● **WHAT TO WORK ON**
Nothing in the records may be dropped. Retype them all exactly.

● **MATERIAL PROVIDED**

* * *

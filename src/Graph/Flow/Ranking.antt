-- ===== src/Graph/Flow/Ranking.antt =====
-- The ranking of counterparties, of app/engine/graph/query.py.
use trace_x.Common.{
  ℕ, zero, suc, ◌+◌, ◌≤◌, ◌≡◌, refl, ap, arith, Bool, true, false, Option, none, some, List, [],
  ◌∷◌, ◌++◌, length, take, All, length-take-le, length-append,
}
use trace_x.Common.Sort.{sort_by, IsSortedBy, sort_by-IsSortedBy}
use trace_x.Graph.Query.{drop}
use trace_x.Graph.Offsets.{length-sort_by, length-drop, length-take}
use trace_x.Graph.Flow.Model.{NodeId, id_before, Counterparty}
use trace_x.Graph.Flow.Query.{amount_before, ranks, ranked}

id_before_trans :
    (a b c : NodeId) → id_before a b ≡ true → id_before b c ≡ true → id_before a c ≡ true
id_before_trans a b c h k = ground arith

id_before_total : (a b : NodeId) → id_before a b ≡ false → id_before b a ≡ true
id_before_total a b h = ground arith

amount_before_trans :
    (x y z : Option ℕ) (p q r : Bool)
    → (p ≡ true → q ≡ true → r ≡ true)
    → amount_before x y p ≡ true
    → amount_before y z q ≡ true
    → amount_before x z r ≡ true
amount_before_trans none none none p q r f h k = f h k
amount_before_trans none none (some c) p q r f h k = k
amount_before_trans none (some b) z p q r f h k = absurd (cc)
amount_before_trans (some a) none none p q r f h k = refl
amount_before_trans (some a) none (some c) p q r f h k = absurd (cc)
amount_before_trans (some a) (some b) none p q r f h k = refl
amount_before_trans (some a) (some b) (some c) true true r f h k =
    let e = f refl refl in ground arith
amount_before_trans (some a) (some b) (some c) false q r f h k = ground arith
amount_before_trans (some a) (some b) (some c) true false r f h k = ground arith

amount_before_total :
    (x y : Option ℕ) (p q : Bool)
    → (p ≡ false → q ≡ true)
    → amount_before x y p ≡ false
    → amount_before y x q ≡ true
amount_before_total none none p q f h = f h
amount_before_total none (some m) p q f h = refl
amount_before_total (some n) none p q f h = absurd (cc)
amount_before_total (some n) (some m) true q f h = ground arith
amount_before_total (some n) (some m) false q f h = let e = f refl in ground arith

ranks_trans : (c d e : Counterparty) → ranks c d ≡ true → ranks d e ≡ true → ranks c e ≡ true
ranks_trans c d e h k =
    amount_before_trans c.amount_sats d.amount_sats e.amount_sats (id_before c.id d.id)
      (id_before d.id e.id) (id_before c.id e.id) (id_before_trans c.id d.id e.id) h k

ranks_total : (c d : Counterparty) → ranks c d ≡ false → ranks d c ≡ true
ranks_total c d h =
    amount_before_total c.amount_sats d.amount_sats (id_before c.id d.id) (id_before d.id c.id)
      (id_before_total c.id d.id) h

All-drop :
    (P : Counterparty → Type 0) (n : ℕ) (cs : List Counterparty) → All P cs → All P (drop n cs)
All-drop P zero cs h = h
All-drop P (suc n) [] h = h
All-drop P (suc n) (c ∷ cs) h = All-drop P n cs h.1

All-take :
    (P : Counterparty → Type 0) (n : ℕ) (cs : List Counterparty) → All P cs → All P (take n cs)
All-take P zero cs h = tt
All-take P (suc n) [] h = h
All-take P (suc n) (c ∷ cs) h = (h.0, All-take P n cs h.1)

take-IsSortedBy :
    (n : ℕ) (cs : List Counterparty) → IsSortedBy ranks cs → IsSortedBy ranks (take n cs)
take-IsSortedBy zero cs h = tt
take-IsSortedBy (suc n) [] h = h
take-IsSortedBy (suc n) (c ∷ cs) h =
    (All-take (λ d. ranks c d ≡ true) n cs h.0, take-IsSortedBy n cs h.1)

before_dropped :
    (n : ℕ) (cs : List Counterparty)
    → IsSortedBy ranks cs
    → All (λ c. All (λ d. ranks c d ≡ true) (drop n cs)) (take n cs)
before_dropped zero cs h = tt
before_dropped (suc n) [] h = tt
before_dropped (suc n) (c ∷ cs) h =
    (All-drop (λ d. ranks c d ≡ true) n cs h.0, before_dropped n cs h.1)

split_at : (n : ℕ) (cs : List Counterparty) → take n cs ++ drop n cs ≡ cs
split_at zero cs = refl
split_at (suc n) [] = refl
split_at (suc n) (c ∷ cs) = ap (λ ds. c ∷ ds) (split_at n cs)

-- The shown entries are the first of the entries in the order of the ranking, which comes to them
-- sorted, and the others are counted.
pub record IsTop (entries shown : List Counterparty) (limit hidden : ℕ) : Type 0 where
  pub fits : length shown ≤ limit
  pub sorted : IsSortedBy ranks shown
  pub others : List Counterparty
  pub all_ranked : shown ++ others ≡ sort_by ranks entries
  pub behind : All (λ c. All (λ d. ranks c d ≡ true) others) shown
  pub counted : length others ≡ hidden
  pub complete : length shown + hidden ≡ length entries

pub ranked-IsTop :
    (entries : List Counterparty) (limit : ℕ)
    → IsTop entries (ranked entries limit).0 limit (ranked entries limit).1
unfolding ranked
ranked-IsTop entries limit =
    let ordered = sort_by ranks entries in
    let is_sorted = sort_by-IsSortedBy ranks ranks_trans ranks_total entries in
    record {
      fits = length-take-le limit ordered;
      sorted = take-IsSortedBy limit ordered is_sorted;
      others = drop limit ordered;
      all_ranked = split_at limit ordered;
      behind = before_dropped limit ordered is_sorted;
      counted = length-drop limit ordered;
      complete =
          let size = length-sort_by ranks entries in
          let (low, full) = length-take limit ordered in
          let parts = length-drop limit ordered in
          let e = ap length (split_at limit ordered) in
          let f = length-append (take limit ordered) (drop limit ordered) in omega arith;
    }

* * *

● **TASK RESULT**
filename src/Graph/Flow/Ranking.antt
-- ===== src/Graph/Flow/Ranking.antt =====
-- The ranking of counterparties, of app/engine/graph/query.py.
use trace_x.Common.{
  ℕ, zero, suc, ◌+◌, ◌≤◌, ◌≡◌, refl, ap, arith, Bool, true, false, Option, none, some, List, [],
  ◌∷◌, ◌++◌, length, take, All, length-take-le, length-append,
}
use trace_x.Common.Sort.{sort_by, IsSortedBy, sort_by-IsSortedBy}
use trace_x.Graph.Query.{drop}
use trace_x.Graph.Offsets.{length-sort_by, length-drop, length-take}
use trace_x.Graph.Flow.Model.{NodeId, id_before, Counterparty}
use trace_x.Graph.Flow.Query.{amount_before, ranks, ranked}

id_before_trans :
    (a b c : NodeId) → id_before a b ≡ true → id_before b c ≡ true → id_before a c ≡ true
id_before_trans a b c h k = ground arith

id_before_total : (a b : NodeId) → id_before a b ≡ false → id_before b a ≡ true
id_before_total a b h = ground arith

amount_before_trans :
    (x y z : Option ℕ) (p q r : Bool)
    → (p ≡ true → q ≡ true → r ≡ true)
    → amount_before x y p ≡ true
    → amount_before y z q ≡ true
    → amount_before x z r ≡ true
amount_before_trans none none none p q r f h k = f h k
amount_before_trans none none (some c) p q r f h k = k
amount_before_trans none (some b) z p q r f h k = absurd (cc)
amount_before_trans (some a) none none p q r f h k = refl
amount_before_trans (some a) none (some c) p q r f h k = absurd (cc)
amount_before_trans (some a) (some b) none p q r f h k = refl
amount_before_trans (some a) (some b) (some c) true true r f h k =
    let e = f refl refl in ground arith
amount_before_trans (some a) (some b) (some c) false q r f h k = ground arith
amount_before_trans (some a) (some b) (some c) true false r f h k = ground arith

amount_before_total :
    (x y : Option ℕ) (p q : Bool)
    → (p ≡ false → q ≡ true)
    → amount_before x y p ≡ false
    → amount_before y x q ≡ true
amount_before_total none none p q f h = f h
amount_before_total none (some m) p q f h = refl
amount_before_total (some n) none p q f h = absurd (cc)
amount_before_total (some n) (some m) true q f h = ground arith
amount_before_total (some n) (some m) false q f h = let e = f refl in ground arith

ranks_trans : (c d e : Counterparty) → ranks c d ≡ true → ranks d e ≡ true → ranks c e ≡ true
ranks_trans c d e h k =
    amount_before_trans c.amount_sats d.amount_sats e.amount_sats (id_before c.id d.id)
      (id_before d.id e.id) (id_before c.id e.id) (id_before_trans c.id d.id e.id) h k

ranks_total : (c d : Counterparty) → ranks c d ≡ false → ranks d c ≡ true
ranks_total c d h =
    amount_before_total c.amount_sats d.amount_sats (id_before c.id d.id) (id_before d.id c.id)
      (id_before_total c.id d.id) h

All-drop :
    (P : Counterparty → Type 0) (n : ℕ) (cs : List Counterparty) → All P cs → All P (drop n cs)
All-drop P zero cs h = h
All-drop P (suc n) [] h = h
All-drop P (suc n) (c ∷ cs) h = All-drop P n cs h.1

All-take :
    (P : Counterparty → Type 0) (n : ℕ) (cs : List Counterparty) → All P cs → All P (take n cs)
All-take P zero cs h = tt
All-take P (suc n) [] h = h
All-take P (suc n) (c ∷ cs) h = (h.0, All-take P n cs h.1)

take-IsSortedBy :
    (n : ℕ) (cs : List Counterparty) → IsSortedBy ranks cs → IsSortedBy ranks (take n cs)
take-IsSortedBy zero cs h = tt
take-IsSortedBy (suc n) [] h = h
take-IsSortedBy (suc n) (c ∷ cs) h =
    (All-take (λ d. ranks c d ≡ true) n cs h.0, take-IsSortedBy n cs h.1)

before_dropped :
    (n : ℕ) (cs : List Counterparty)
    → IsSortedBy ranks cs
    → All (λ c. All (λ d. ranks c d ≡ true) (drop n cs)) (take n cs)
before_dropped zero cs h = tt
before_dropped (suc n) [] h = tt
before_dropped (suc n) (c ∷ cs) h =
    (All-drop (λ d. ranks c d ≡ true) n cs h.0, before_dropped n cs h.1)

split_at : (n : ℕ) (cs : List Counterparty) → take n cs ++ drop n cs ≡ cs
split_at zero cs = refl
split_at (suc n) [] = refl
split_at (suc n) (c ∷ cs) = ap (λ ds. c ∷ ds) (split_at n cs)

-- The shown entries are the first of the entries in the order of the ranking, which comes to them
-- sorted, and the others are counted.
pub record IsTop (entries shown : List Counterparty) (limit hidden : ℕ) : Type 0 where
  pub fits : length shown ≤ limit
  pub sorted : IsSortedBy ranks shown
  pub others : List Counterparty
  pub all_ranked : shown ++ others ≡ sort_by ranks entries
  pub behind : All (λ c. All (λ d. ranks c d ≡ true) others) shown
  pub counted : length others ≡ hidden
  pub complete : length shown + hidden ≡ length entries

pub ranked-IsTop :
    (entries : List Counterparty) (limit : ℕ)
    → IsTop entries (ranked entries limit).0 limit (ranked entries limit).1
unfolding ranked
ranked-IsTop entries limit =
    let ordered = sort_by ranks entries in
    let is_sorted = sort_by-IsSortedBy ranks ranks_trans ranks_total entries in
    record {
      fits = length-take-le limit ordered;
      sorted = take-IsSortedBy limit ordered is_sorted;
      others = drop limit ordered;
      all_ranked = split_at limit ordered;
      behind = before_dropped limit ordered is_sorted;
      counted = length-drop limit ordered;
      complete =
          let size = length-sort_by ranks entries in
          let (low, full) = length-take limit ordered in
          let parts = length-drop limit ordered in
          let e = ap length (split_at limit ordered) in
          let f = length-append (take limit ordered) (drop limit ordered) in omega arith;
    }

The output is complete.